**Exercise objective:** Among the records that follow, find the line with "polled_after [] fds = fds" and the line with "polled_after (connect fd". Set down those lines and all lines between them exactly, without adding anything.

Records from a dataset
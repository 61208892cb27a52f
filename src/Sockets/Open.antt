-- ===== src/Sockets/Open.antt =====
-- What the functions that open a socket leave open.
use av3_fc.Base.Int.{ℤ, pos, negsuc}
use av3_fc.Base.{ℕ, ◌||◌, List, [], ◌∷◌, ◌≡◌, refl, arith, ◌==◌, if◌then◌else◌}
use av3_fc.Sockets.{
  Call, socket, bind, setsockopt, connect, close, add_fd, remove_fd, failed,
  timestamped_bound_udp_socket,
}

-- A descriptor less.
abbrev pub without : ℕ → List ℕ → List ℕ
without n [] = []
without n (x ∷ xs) = if x == n then xs else x ∷ without n xs

-- The descriptors that are open after some calls, of those open before and those that `socket` gave.
abbrev pub open_after : List Call → List ℕ → List ℕ
open_after [] fds = fds
open_after (socket (pos n) ∷ cs) fds = open_after cs (n ∷ fds)
open_after (socket (negsuc n) ∷ cs) fds = open_after cs fds
open_after (close (pos n) ∷ cs) fds = open_after cs (without n fds)
open_after (close (negsuc n) ∷ cs) fds = open_after cs fds
open_after (bind fd port r ∷ cs) fds = open_after cs fds
open_after (setsockopt fd r ∷ cs) fds = open_after cs fds
open_after (connect fd r ∷ cs) fds = open_after cs fds
open_after (add_fd fd ∷ cs) fds = open_after cs fds
open_after (remove_fd fd ∷ cs) fds = open_after cs fds

-- The descriptors that the event loop polls, in the same way.
abbrev pub polled_after : List Call → List ℕ → List ℕ
polled_after [] fds = fds
polled_after (add_fd (pos n) ∷ cs) fds = polled_after cs (n ∷ fds)
polled_after (add_fd (negsuc n) ∷ cs) fds = polled_after cs fds
polled_after (remove_fd (pos n) ∷ cs) fds = polled_after cs (without n fds)
polled_after (remove_fd (negsuc n) ∷ cs) fds = polled_after cs fds
polled_after (socket r ∷ cs) fds = polled_after cs fds
polled_after (close fd ∷ cs) fds = polled_after cs fds
polled_after (bind fd port r ∷ cs) fds = polled_after cs fds
polled_after (setsockopt fd r ∷ cs) fds = polled_after cs fds
polled_after (connect fd r ∷ cs) fds = polled_after cs fds

-- The descriptor that a function returns, if it is one.
abbrev pub returned : ℤ → List ℕ → List ℕ
returned (pos n) fds = n ∷ fds
returned (negsuc n) fds = fds

pub without_self : (n : ℕ) (fds : List ℕ) → without n (n ∷ fds) ≡ fds
without_self n fds = ground arith

-- Whatever `socket`, `bind` and `setsockopt` give, and whatever is open before,
-- `timestamped_bound_udp_socket` leaves open what was, and the descriptor that it returns, if it
-- returns one: no failure leaks a descriptor, and none closes one that is used. It returns a
-- descriptor exactly if none of the three failed.
pub timestamped_bound_udp_socket_lem :
    (created bound set : ℤ) (port : ℕ) (fds : List ℕ)
    → let (r, calls) = timestamped_bound_udp_socket created bound set port in
      (open_after calls fds ≡ returned r fds)
      × (failed r ≡ (failed created || failed bound || failed set))
unfolding timestamped_bound_udp_socket
timestamped_bound_udp_socket_lem (negsuc n) bound set port fds = (refl, refl)
timestamped_bound_udp_socket_lem (pos n) (negsuc b) set port fds = (without_self n fds, refl)
timestamped_bound_udp_socket_lem (pos n) (pos b) (negsuc e) port fds = (without_self n fds, refl)
timestamped_bound_udp_socket_lem (pos n) (pos b) (pos e) port fds = (refl, refl)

**Response area:**
polled_after [] fds = fds
polled_after (add_fd (pos n) ∷ cs) fds = polled_after cs (n ∷ fds)
polled_after (add_fd (negsuc n) ∷ cs) fds = polled_after cs fds
polled_after (remove_fd (pos n) ∷ cs) fds = polled_after cs (without n fds)
polled_after (remove_fd (negsuc n) ∷ cs) fds = polled_after cs fds
polled_after (socket r ∷ cs) fds = polled_after cs fds
polled_after (close fd ∷ cs) fds = polled_after cs fds
polled_after (bind fd port r ∷ cs) fds = polled_after cs fds
polled_after (setsockopt fd r ∷ cs) fds = polled_after cs fds
polled_after (connect fd r ∷ cs) fds = polled_after cs fds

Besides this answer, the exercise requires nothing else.